Your objective: Only the lines holding "arith" are wanted; find them in the listing and return each one.
[Opening Listed records section]
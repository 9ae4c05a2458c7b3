-- ===== src/Accounts/Connect.antt =====
-- Opening a stored mailbox (src/ccreport/accounts.py): its secret, its access token, its connector.
-- Sealing and opening secrets and the exchange with the identity provider are arguments.
pub mod Renewal
use native.Mathlib.Decide.{ℕ_discrete}
use ccreport.Prelude.{
  ℕ, Bool, true, false, not, ◌&&◌, Option, none, some, List, [], ◌∷◌, if◌then◌else◌,
}
use ccreport.Prelude.Texts.{Text, codes, text_eq}
use ccreport.Errors.{Error, Result, ok, err, reauth_required, config_error}
use ccreport.OrderedDict.{lookup, assign}
use ccreport.Accounts.{
  Account, Status, connected, needs_reauth, StoredToken, World, get_cached, put_cached, is_revoked,
  update_account,
}

-- What a token endpoint gave back; of the claims, the name.
pub record TokenSet : Type 0 where
  pub access_token : Text
  pub refresh_token : Option Text
  pub expires_at : ℕ
  pub scopes : List Text
  pub address : Option Text
  pub name : Option Text

-- `seal` and `open_sealed` are the secret box; `client` is `build_oauth_client`, whose result is the
-- call `client.refresh`.
pub record Services : Type 0 where
  pub seal : Text → List ℕ
  pub open_sealed : List ℕ → Result Text
  pub client : Text → Result (Text → Result TokenSet)

pub data Connector : Type 0 where
  imap_connector : Text → Text → Connector
  graph_connector gmail_connector : Text → Text → Connector

unfoldable pub is_reauth : Error → Bool
is_reauth Error.reauth_required = true
is_reauth _ = false

-- the credential's row with a new secret: a row that is there keeps its other columns
unfoldable pub sealed_row : List ℕ → ℕ → Option StoredToken → StoredToken
sealed_row sealed now none = record {
  sealed = sealed;
  access_expires_at = none;
  refreshed_at = now;
}
sealed_row sealed now (some row) = record row { sealed = sealed; refreshed_at = now }

-- the credential's row after a refresh
unfoldable pub note_expiry : ℕ → ℕ → ℕ → List (ℕ × StoredToken) → List (ℕ × StoredToken)
note_expiry id expires_at now tokens = elim (lookup ℕ_discrete id tokens) [
  | none ↦ tokens
  | some row ↦
      assign ℕ_discrete id (record row { access_expires_at = some expires_at; refreshed_at = now })
        tokens
]

unfoldable pub set_status : Status → Account → Account
set_status status account = record account { status = status }

module _ (services : Services) where
  unfoldable pub seal_secret : ℕ → Text → ℕ → List (ℕ × StoredToken) → List (ℕ × StoredToken)
  seal_secret id secret now tokens =
      assign ℕ_discrete id (sealed_row (services.seal secret) now (lookup ℕ_discrete id tokens))
        tokens

  unfoldable pub open_secret : ℕ → List (ℕ × StoredToken) → Result Text
  open_secret id tokens = elim (lookup ℕ_discrete id tokens) [
    | none ↦ err reauth_required
    | some row ↦ services.open_sealed row.sealed
  ]

  -- `if tokens.refresh_token and tokens.refresh_token != refresh_token`
  unfoldable pub rotate :
      ℕ → Text → Option Text → ℕ → List (ℕ × StoredToken) → List (ℕ × StoredToken)
  rotate id used (some (c ∷ fresh)) now tokens =
      if text_eq (c ∷ fresh) used then tokens else seal_secret id (c ∷ fresh) now tokens
  rotate id used _ now tokens = tokens

  unfoldable pub after_refresh : {V : Type 0} → World V → ℕ → Text → TokenSet → ℕ → World V
  after_refresh w id used tokens now = record w {
    tokens =
        note_expiry id tokens.expires_at now (rotate id used tokens.refresh_token now w.tokens);
    accounts = update_account id (set_status connected) w.accounts;
    access = put_cached w.access id tokens.access_token tokens.expires_at;
  }

  -- the exchange with the provider, once the secret and the client are there
  unfoldable pub refresh_with :
      {V : Type 0} → World V → ℕ → Text → Result TokenSet → ℕ → World V × Result Text
  refresh_with w id used (ok tokens) now =
      (after_refresh w id used tokens now, ok tokens.access_token)
  refresh_with w id used (err e) now = (
    if is_reauth e
        then record w { accounts = update_account id (set_status needs_reauth) w.accounts }
        else w,
    err e,
  )

  unfoldable pub refresh_access_token : {V : Type 0} → World V → Account → ℕ → World V × Result Text
  refresh_access_token w account now = elim (open_secret account.id w.tokens) [
    | err e ↦ (w, err e)
    | ok secret ↦ elim (services.client account.provider) [
      | err e ↦ (w, err e)
      | ok refresh ↦ refresh_with w account.id secret (refresh secret) now
    ]
  ]

  unfoldable pub access_token_for : {V : Type 0} → World V → Account → ℕ → World V × Result Text
  access_token_for w account now =
      let (access, cached) = get_cached w.access account.id now in
      elim cached [
        | some (c ∷ token) ↦ (record w { access = access }, ok (c ∷ token))
        | _ ↦ refresh_access_token (record w { access = access }) account now
      ]

  -- the connector for a provider that wants an access token
  unfoldable pub token_connector : Account → Text → Result Connector
  token_connector account token =
      if text_eq account.provider (codes "graph")
      then ok (graph_connector token account.address)
      else (if text_eq account.provider (codes "gmail")
          then ok (gmail_connector token account.address)
          else err config_error)

  unfoldable pub imap_of_secret : Account → Result Text → Result Connector
  imap_of_secret account (err e) = err e
  imap_of_secret account (ok secret) = ok (imap_connector account.address secret)

  unfoldable pub open_by_token :
      {V : Type 0} → Account → World V × Result Text → World V × Result Connector
  open_by_token account (w, err e) = (w, err e)
  open_by_token account (w, ok token) = (w, token_connector account token)

  unfoldable pub open_connector : {V : Type 0} → World V → Account → ℕ → World V × Result Connector
  open_connector w account now =
      if is_revoked account
      then (w, err reauth_required)
      else (if text_eq account.provider (codes "imap")
          then (w, imap_of_secret account (open_secret account.id w.tokens))
          else open_by_token account (access_token_for w account now))
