-- ===== src/Accounts/Tokens.antt =====
-- The cache of access tokens in src/ccreport/accounts.py.
use native.Mathlib.Decide.{ℕ_discrete}
use mathlib.Core.Logic.{if_pos, if_neg}
use ccreport.Prelude.{
  ℕ, ◌+◌, ◌≡◌, ◌≢◌, refl, sym, ◌∙◌, none, some, List, arith, if◌then◌else◌, leb, Bool-cases,
  Option-cases, inl, inr, ltb,
}
use ccreport.Prelude.Texts.{Text}
use ccreport.OrderedDict.{lookup, assign, delete, IsDict, lookup-assign, lookup-delete}
use ccreport.Accounts.{CachedToken, get_cached, put_cached, drop_cached}

get_cached-none :
    (access : List (ℕ × CachedToken)) (id now : ℕ)
    → lookup ℕ_discrete id access ≡ none
    → (get_cached access id now).1 ≡ none
unfolding get_cached
get_cached-none access id now h = rw (h, get_cached) refl

get_cached-some :
    (access : List (ℕ × CachedToken)) (id now : ℕ) (entry : CachedToken)
    → lookup ℕ_discrete id access ≡ some entry
    → (get_cached access id now).1
      ≡ (if leb entry.expires_at (now + 60) then none else some entry.access_token)
unfolding get_cached
get_cached-some access id now entry h = elim (Bool-cases (leb entry.expires_at (now + 60))) [
  | inl old ↦ rw (h, old, get_cached) refl
  | inr live ↦ rw (h, live, get_cached) refl
]

-- What is given depends on the entry of the account only.
same_answer :
    (a b : List (ℕ × CachedToken)) (id now : ℕ)
    → lookup ℕ_discrete id a ≡ lookup ℕ_discrete id b
    → (get_cached a id now).1 ≡ (get_cached b id now).1
same_answer a b id now h = elim (Option-cases (lookup ℕ_discrete id b)) [
  | inl missing ↦ get_cached-none a id now (h ∙ missing) ∙ sym (get_cached-none b id now missing)
  | inr (entry, found) ↦
      get_cached-some a id now entry (h ∙ found) ∙ sym (get_cached-some b id now entry found)
]

-- Where no account has two tokens: after a token was put for an account, asking for that account gives exactly this token while more
-- than a minute is left before it expires, and nothing from then on; a token that was dropped is not
-- given; and the tokens of other accounts are given as before.
pub get_cached_lem :
    (access : List (ℕ × CachedToken)) (id now expires_at : ℕ) (token : Text)
    → IsDict ℕ_discrete access
    → ((get_cached (put_cached access id token expires_at) id now).1
        ≡ (if ltb (now + 60) expires_at then some token else none))
      × ((get_cached (drop_cached access id) id now).1 ≡ none)
      × ((other : ℕ)
          → id ≢ other
          → ((get_cached (put_cached access id token expires_at) other now).1
              ≡ (get_cached access other now).1)
            × ((get_cached (drop_cached access id) other now).1 ≡ (get_cached access other now).1))
unfolding put_cached drop_cached
get_cached_lem access id now expires_at token h = (
  get_cached-some
        (assign ℕ_discrete id (record { access_token = token; expires_at = expires_at }) access) id
        now (record { access_token = token; expires_at = expires_at })
        (lookup-assign ℕ_discrete id id _ access ∙ if_pos (ℕ_discrete id id) refl _ _)
      ∙ ground arith,
  get_cached-none (delete ℕ_discrete id access) id now
      (lookup-delete ℕ_discrete id id access h ∙ if_pos (ℕ_discrete id id) refl _ _),
  λ other apart. (
    same_answer (assign ℕ_discrete id _ access) access other now
        (lookup-assign ℕ_discrete id other _ access ∙ if_neg (ℕ_discrete id other) apart _ _),
    same_answer (delete ℕ_discrete id access) access other now
        (lookup-delete ℕ_discrete id other access h ∙ if_neg (ℕ_discrete id other) apart _ _),
  ),
)
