-- ===== src/Accounts/Connect/Renewal.antt =====
-- What renewing an access token (src/ccreport/accounts.py) leaves behind.
use native.Mathlib.Decide.{ℕ_discrete}
use mathlib.Core.Logic.{if_pos}
use ccreport.Prelude.{
  ℕ, ◌+◌, ◌≡◌, refl, sym, ap, ◌∙◌, Option, none, some, List, [], ◌∷◌, if◌then◌else◌, ltb,
  Bool-cases, Option-cases, inl, inr,
}
use ccreport.Prelude.Texts.{Text, text_eq, text_eq_iff}
use ccreport.Errors.{ok}
use ccreport.OrderedDict.{lookup, assign, IsDict, lookup-assign}
use ccreport.Accounts.{StoredToken, World, get_cached}
use ccreport.Accounts.Tokens.{get_cached_lem}
use ccreport.Accounts.Connect.{
  TokenSet, Services, sealed_row, note_expiry, seal_secret, open_secret, rotate, after_refresh,
  refresh_with,
}

-- the refresh token that is used next: the new one, if the provider gave one
abbrev next_secret : Text → Option Text → Text
next_secret used (some (c ∷ fresh)) = c ∷ fresh
next_secret used _ = used

module _ (services : Services)
    (reopens : (s : Text) → services.open_sealed (services.seal s) ≡ ok s) where
  open_row :
      (id : ℕ) (tokens : List (ℕ × StoredToken)) (row : StoredToken)
      → lookup ℕ_discrete id tokens ≡ some row
      → open_secret services id tokens ≡ services.open_sealed row.sealed
  unfolding open_secret
  open_row id tokens row h = rw (h, open_secret) refl

  sealed_row_lem :
      (sealed : List ℕ) (now : ℕ) (old : Option StoredToken)
      → (sealed_row sealed now old).sealed ≡ sealed
  unfolding sealed_row
  sealed_row_lem sealed now none = refl
  sealed_row_lem sealed now (some row) = refl

  open-seal :
      (id : ℕ) (secret : Text) (now : ℕ) (tokens : List (ℕ × StoredToken))
      → open_secret services id (seal_secret services id secret now tokens) ≡ ok secret
  unfolding seal_secret
  open-seal id secret now tokens =
      let row = sealed_row (services.seal secret) now (lookup ℕ_discrete id tokens) in
      open_row id (assign ℕ_discrete id row tokens) row
        (lookup-assign ℕ_discrete id id row tokens ∙ if_pos (ℕ_discrete id id) refl _ _)
      ∙ ap services.open_sealed
          (sealed_row_lem (services.seal secret) now (lookup ℕ_discrete id tokens))
      ∙ reopens secret

  open-note_expiry :
      (id expires_at now : ℕ) (tokens : List (ℕ × StoredToken))
      → open_secret services id (note_expiry id expires_at now tokens)
        ≡ open_secret services id tokens
  unfolding note_expiry
  open-note_expiry id expires_at now tokens = elim (Option-cases (lookup ℕ_discrete id tokens)) [
    | inl missing ↦ rw (missing, note_expiry) refl
    | inr (row, found) ↦
        let noted : StoredToken = record row {
          access_expires_at = some expires_at;
          refreshed_at = now;
        } in
        let there : lookup ℕ_discrete id (assign ℕ_discrete id noted tokens) ≡ some noted =
          lookup-assign ℕ_discrete id id noted tokens ∙ if_pos (ℕ_discrete id id) refl _ _ in
        let same : note_expiry id expires_at now tokens ≡ assign ℕ_discrete id noted tokens =
          rw (found, note_expiry) refl in
        ap (open_secret services id) same
        ∙ open_row id (assign ℕ_discrete id noted tokens) noted there
        ∙ sym (open_row id tokens row found)
  ]

  open-rotate :
      (id : ℕ) (used : Text) (fresh : Option Text) (now : ℕ) (tokens : List (ℕ × StoredToken))
      → open_secret services id tokens ≡ ok used
      → open_secret services id (rotate services id used fresh now tokens)
        ≡ ok (next_secret used fresh)
  unfolding rotate
  open-rotate id used none now tokens h = h
  open-rotate id used (some []) now tokens h = h
  open-rotate id used (some (c ∷ fresh)) now tokens h =
      elim (Bool-cases (text_eq (c ∷ fresh) used)) [
        | inl equal ↦
            let same : c ∷ fresh ≡ used = (text_eq_iff (c ∷ fresh) used).0 equal in
            rw (equal, rotate) (h ∙ ap ok (sym same))
        | inr other ↦ rw (other, rotate) (open-seal id (c ∷ fresh) now tokens)
      ]

  -- If a sealed secret opens to itself: after a renewal that the provider grants, the new access token
  -- is given while more than a minute is left before it expires, and the secret that opens is the new
  -- refresh token if the provider gave one, and the old one if not.
  pub refresh_with_lem :
      {V : Type 0} (w : World V) (id : ℕ) (used : Text) (tokens : TokenSet) (now later : ℕ)
      → IsDict ℕ_discrete w.access
      → open_secret services id w.tokens ≡ ok used
      → (let out = refresh_with services w id used (ok tokens) now in
          (out.1 ≡ ok tokens.access_token)
          × (open_secret services id out.0.tokens ≡ ok (next_secret used tokens.refresh_token))
          × ((get_cached out.0.access id later).1
              ≡ (if ltb (later + 60) tokens.expires_at then some tokens.access_token else none)))
  unfolding refresh_with after_refresh
  refresh_with_lem w id used tokens now later dict h = (
    refl,
    open-note_expiry id tokens.expires_at now
          (rotate services id used tokens.refresh_token now w.tokens)
        ∙ open-rotate id used tokens.refresh_token now w.tokens h,
    (get_cached_lem w.access id later tokens.expires_at tokens.access_token dict).0,
  )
[Closing Listed records section]
Solution to this exercise:
  ℕ, ◌+◌, ◌≡◌, ◌≢◌, refl, sym, ◌∙◌, none, some, List, arith, if◌then◌else◌, leb, Bool-cases,
      ∙ ground arith,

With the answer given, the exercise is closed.